[Your goal]:
What is wanted is every record, duplicated word for word.

[Collected data]:
+-------+

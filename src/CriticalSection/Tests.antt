-- ===== src/CriticalSection/Tests.antt =====
-- Two threads and the lock.
use io_base.Base.{ℕ, ◌+◌, ◌<◌, ◌≤◌, ◌≡◌, refl, none, some, List, [], ◌∷◌, arith}
use io_base.CriticalSection.Defs.{Shared, Call, Stage, run, unlocked, leaves_own}
use io_base.CriticalSection.Invariant.{passes, is_inside, signals, waits, Counts}
use io_base.CriticalSection.Sound.{IsSound}
use io_base.CriticalSection.Stands.{total, AllStand}
use io_base.CriticalSection.Exclusive.{outsiders, run-exclusive}
use Call.{enters, leaves}
use Stage.{outside, waiting}

-- Thread 0 enters twice while thread 1 spins, and leaves once.
abbrev some_schedule : List (ℕ × Call)
some_schedule =
    (0, enters)
    ∷ (1, enters)
    ∷ (0, enters)
    ∷ (0, enters)
    ∷ (1, enters)
    ∷ (0, enters)
    ∷ (0, leaves)
    ∷ (0, leaves)
    ∷ []

run-exclusive_example :
    (end : List Stage × Shared) × (run some_schedule (outsiders 2) unlocked ≡ some end)
    × (let (stages, h) = end in
        let busy =
          total passes stages + total is_inside stages + total signals stages + h.semaphore_ in
        (busy ≤ 1)
        × (0 < total waits stages → busy ≡ 1)
        × (h.lock_queue_ ≡ h.recursion_ + total passes stages + total waits stages))
unfolding leaves_own
run-exclusive_example = run-exclusive 2 some_schedule refl

-- A Leave without the lock fails its check.
stray_leave : run ((1, leaves) ∷ []) (outsiders 2) unlocked ≡ none
unfolding run
stray_leave = refl

-- The semaphore has been signaled for the thread that waits.
abbrev handed : Shared
handed = record { lock_queue_ = 1; semaphore_ = 1; owning_thread_ = none; recursion_ = 0 }

handed-IsSound : IsSound (waiting ∷ []) handed
unfolding IsSound Counts total AllStand
handed-IsSound = (ground arith, (refl, tt))

alone-IsSound : IsSound (outside ∷ []) unlocked
unfolding IsSound Counts total AllStand
alone-IsSound = (ground arith, (refl, tt))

+-------+

[Response for this exercise]:
filename src/CriticalSection/Tests.antt
-- ===== src/CriticalSection/Tests.antt =====
-- Two threads and the lock.
use io_base.Base.{ℕ, ◌+◌, ◌<◌, ◌≤◌, ◌≡◌, refl, none, some, List, [], ◌∷◌, arith}
use io_base.CriticalSection.Defs.{Shared, Call, Stage, run, unlocked, leaves_own}
use io_base.CriticalSection.Invariant.{passes, is_inside, signals, waits, Counts}
use io_base.CriticalSection.Sound.{IsSound}
use io_base.CriticalSection.Stands.{total, AllStand}
use io_base.CriticalSection.Exclusive.{outsiders, run-exclusive}
use Call.{enters, leaves}
use Stage.{outside, waiting}

-- Thread 0 enters twice while thread 1 spins, and leaves once.
abbrev some_schedule : List (ℕ × Call)
some_schedule =
    (0, enters)
    ∷ (1, enters)
    ∷ (0, enters)
    ∷ (0, enters)
    ∷ (1, enters)
    ∷ (0, enters)
    ∷ (0, leaves)
    ∷ (0, leaves)
    ∷ []

run-exclusive_example :
    (end : List Stage × Shared) × (run some_schedule (outsiders 2) unlocked ≡ some end)
    × (let (stages, h) = end in
        let busy =
          total passes stages + total is_inside stages + total signals stages + h.semaphore_ in
        (busy ≤ 1)
        × (0 < total waits stages → busy ≡ 1)
        × (h.lock_queue_ ≡ h.recursion_ + total passes stages + total waits stages))
unfolding leaves_own
run-exclusive_example = run-exclusive 2 some_schedule refl

-- A Leave without the lock fails its check.
stray_leave : run ((1, leaves) ∷ []) (outsiders 2) unlocked ≡ none
unfolding run
stray_leave = refl

-- The semaphore has been signaled for the thread that waits.
abbrev handed : Shared
handed = record { lock_queue_ = 1; semaphore_ = 1; owning_thread_ = none; recursion_ = 0 }

handed-IsSound : IsSound (waiting ∷ []) handed
unfolding IsSound Counts total AllStand
handed-IsSound = (ground arith, (refl, tt))

alone-IsSound : IsSound (outside ∷ []) unlocked
unfolding IsSound Counts total AllStand
alone-IsSound = (ground arith, (refl, tt))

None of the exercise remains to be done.